What Impact Do Tariffs Have on Production Costs?

For U.S. manufacturing, rising prices of imported inputs create a domino effect:

  • Higher unit costs.
  • Need to pass increases on to distributors or consumers.
  • Reduced competitiveness compared to foreign producers that do not face the same input cost increases.

Moreover, the report highlights that in 2025, U.S. customs revenue increased by approximately $200 billion — a figure that, rather than coming from China, was paid by American companies and consumers.

This phenomenon effectively turns tariffs into an indirect tax on domestic production and consumption.

What Happens to Investment and Industrial Competitiveness?

Higher input costs directly affect manufacturers’ financial planning.

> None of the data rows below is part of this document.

-- ===== src/Sorting.antt =====
-- `list.sort` and `sorted` of Python with a key: a stable sort, so an item stands before those of
-- an equal key that it preceded. `before x y` says that the key of x is strictly less.
use mathlib.Core.List.{Memᴰ}
use mathlib.Core.List.Memᴰ.{head, tail}
use cortex_cognitive_runtime.Prelude.{
  ◌≡◌, refl, sym, subst, Bool, true, false, inl, inr, List, [], ◌∷◌, if◌then◌else◌, All, All-map,
  Bool-cases,
}

module _ {ℓ} {A : Type ℓ} (before : A → A → Bool) where
  unfoldable pub insert_sorted : A → List A → List A
  insert_sorted x [] = x ∷ []
  insert_sorted x (y ∷ ys) = if before y x then y ∷ insert_sorted x ys else x ∷ y ∷ ys

  unfoldable pub sort_with : List A → List A
  unfolding insert_sorted
  sort_with [] = []
  sort_with (x ∷ xs) = insert_sorted x (sort_with xs)

module _ {ℓ κ} {A : Type ℓ} (before : A → A → Bool) (P : A → Type κ) where
  insert_sorted-All : (x : A) (ys : List A) → P x → All P ys → All P (insert_sorted before x ys)
  unfolding insert_sorted
  insert_sorted-All x [] h hs = (h, tt)
  insert_sorted-All x (y ∷ ys) h hs = elim (Bool-cases (before y x)) [
    | inl e ↦ rw (e, insert_sorted) (hs.0, insert_sorted-All x ys h hs.1)
    | inr e ↦ rw (e, insert_sorted) (h, hs)
  ]

  pub sort_with-All : (xs : List A) → All P xs → All P (sort_with before xs)
  unfolding sort_with
  sort_with-All [] h = tt
  sort_with-All (x ∷ xs) h = insert_sorted-All x (sort_with before xs) h.0 (sort_with-All xs h.1)

  All-insert_sorted : (x : A) (ys : List A) → All P (insert_sorted before x ys) → P x × All P ys
  unfolding insert_sorted
  All-insert_sorted x [] h = (h.0, tt)
  All-insert_sorted x (y ∷ ys) h = by_test (before y x) (All-insert_sorted x ys) h
    where
      by_test :
          (b : Bool)
          → (All P (insert_sorted before x ys) → P x × All P ys)
          → All P (if b then y ∷ insert_sorted before x ys else x ∷ y ∷ ys)
          → P x × All P (y ∷ ys)
      by_test true later h = let rest = later h.1 in (rest.0, (h.0, rest.1))
      by_test false later h = (h.0, h.1)

  -- What holds of every item of the sorted list holds of every item.
  pub All-sort_with : (xs : List A) → All P (sort_with before xs) → All P xs
  unfolding sort_with
  All-sort_with [] h = tt
  All-sort_with (x ∷ xs) h =
      let rest = All-insert_sorted x (sort_with before xs) h in (rest.0, All-sort_with xs rest.1)

-- A sorted list has a first item where the list has one.
pub sort_with-cons {ℓ} :
    {A : Type ℓ} (before : A → A → Bool) (x : A) (xs : List A)
    → (h : A) × (hs : List A) × (sort_with before (x ∷ xs) ≡ h ∷ hs)
sort_with-cons {A = A} before x xs = by_shape (sort_with before (x ∷ xs)) refl
  where
    by_shape :
        (l : List A)
        → sort_with before (x ∷ xs) ≡ l
        → (h : A) × (hs : List A) × (sort_with before (x ∷ xs) ≡ h ∷ hs)
    by_shape [] e =
        absurd ((All-sort_with before (λ _. ⊥) (x ∷ xs) (subst (All (λ _. ⊥)) (sym e) tt)).0)
    by_shape (h ∷ hs) e = (h, hs, e)

-- Every item of a list is one of its members.
pub All-Mem {ℓ} : {A : Type ℓ} (xs : List A) → All (λ x. Memᴰ x xs) xs
All-Mem [] = tt
All-Mem (x ∷ xs) = (head refl, All-map xs (λ y m. tail m) (All-Mem xs))

-- Each item stands in R to all that follow it.
abbrev pub IsOrdered {ℓ κ} : {A : Type ℓ} → (A → A → Type κ) → List A → Type κ
IsOrdered R [] = Unit
IsOrdered R (x ∷ xs) = All (R x) xs × IsOrdered R xs

-- `R x y` says that x is no worse than y.
module _ {A : Type 0} (before : A → A → Bool) (R : A → A → Type 0)
    (R-trans : (x y z : A) → R x y → R y z → R x z)
    (R_of_before : (x y : A) → before x y ≡ true → R x y)
    (R_of_not_before : (x y : A) → before y x ≡ false → R x y) where
  insert_sorted-IsOrdered :
      (x : A) (ys : List A) → IsOrdered R ys → IsOrdered R (insert_sorted before x ys)
  unfolding insert_sorted
  insert_sorted-IsOrdered x [] h = (tt, tt)
  insert_sorted-IsOrdered x (y ∷ ys) h = elim (Bool-cases (before y x)) [
    | inl e ↦
        rw (e, insert_sorted)
          (
            insert_sorted-All before (R y) x ys (R_of_before y x e) h.0,
            insert_sorted-IsOrdered x ys h.1,
          )
    | inr e ↦
        let first = R_of_not_before x y e in
        rw (e, insert_sorted) ((first, All-map ys (λ z r. R-trans x y z first r) h.0), h)
  ]

  pub sort_with-IsOrdered : (xs : List A) → IsOrdered R (sort_with before xs)
  unfolding sort_with
  sort_with-IsOrdered [] = tt
  sort_with-IsOrdered (x ∷ xs) =
      insert_sorted-IsOrdered x (sort_with before xs) (sort_with-IsOrdered xs)

  -- The first item of a sorted list is no worse than any item.
  pub sort_with-leads :
      (R-refl : (x : A) → R x x) (xs : List A) (h : A) (hs : List A)
      → sort_with before xs ≡ h ∷ hs
      → All (R h) xs
  sort_with-leads R-refl xs h hs e =
      All-sort_with before (R h) xs
        (subst (All (R h)) (sym e) (R-refl h, (subst (IsOrdered R) e (sort_with-IsOrdered xs)).0))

Faced with rising expenses, companies may:

  • ⇒ Reduce investment in expansion or innovation.
  • ⇒ Adjust employment or production levels.
  • ⇒ Reconfigure supply chains at high transition costs.

Although the political intent behind tariffs has been to strengthen domestic industry, the study suggests the effect may be the opposite: greater pressure on local manufacturers that depend on international trade.

Is This a Repeat of Donald Trump’s Trade War Scenario?

The Policy Brief notes that the outcomes observed in 2025 replicate what happened during the 2018–2019 trade war under President Donald Trump: tariffs raise domestic prices, reduce trade volumes, and create economic distortions, with no evidence that foreign exporters assume a significant share of the cost.

The difference is that in 2025 the scope was broader, amplifying the impact on sectors such as manufacturing.

Who Ultimately Bears the Cost of Tariffs?

The process unfolds step by step:

  1. ⇒ The importer pays the tariff at the border.
  2. ⇒ The manufacturer faces more expensive inputs.
  3. ⇒ The distributor adjusts prices.
  4. ⇒ The final consumer absorbs the increase.

According to the study, tariffs function in practice as a selective tax on consumption and production in the United States, with additional effects such as reduced product variety and market distortions.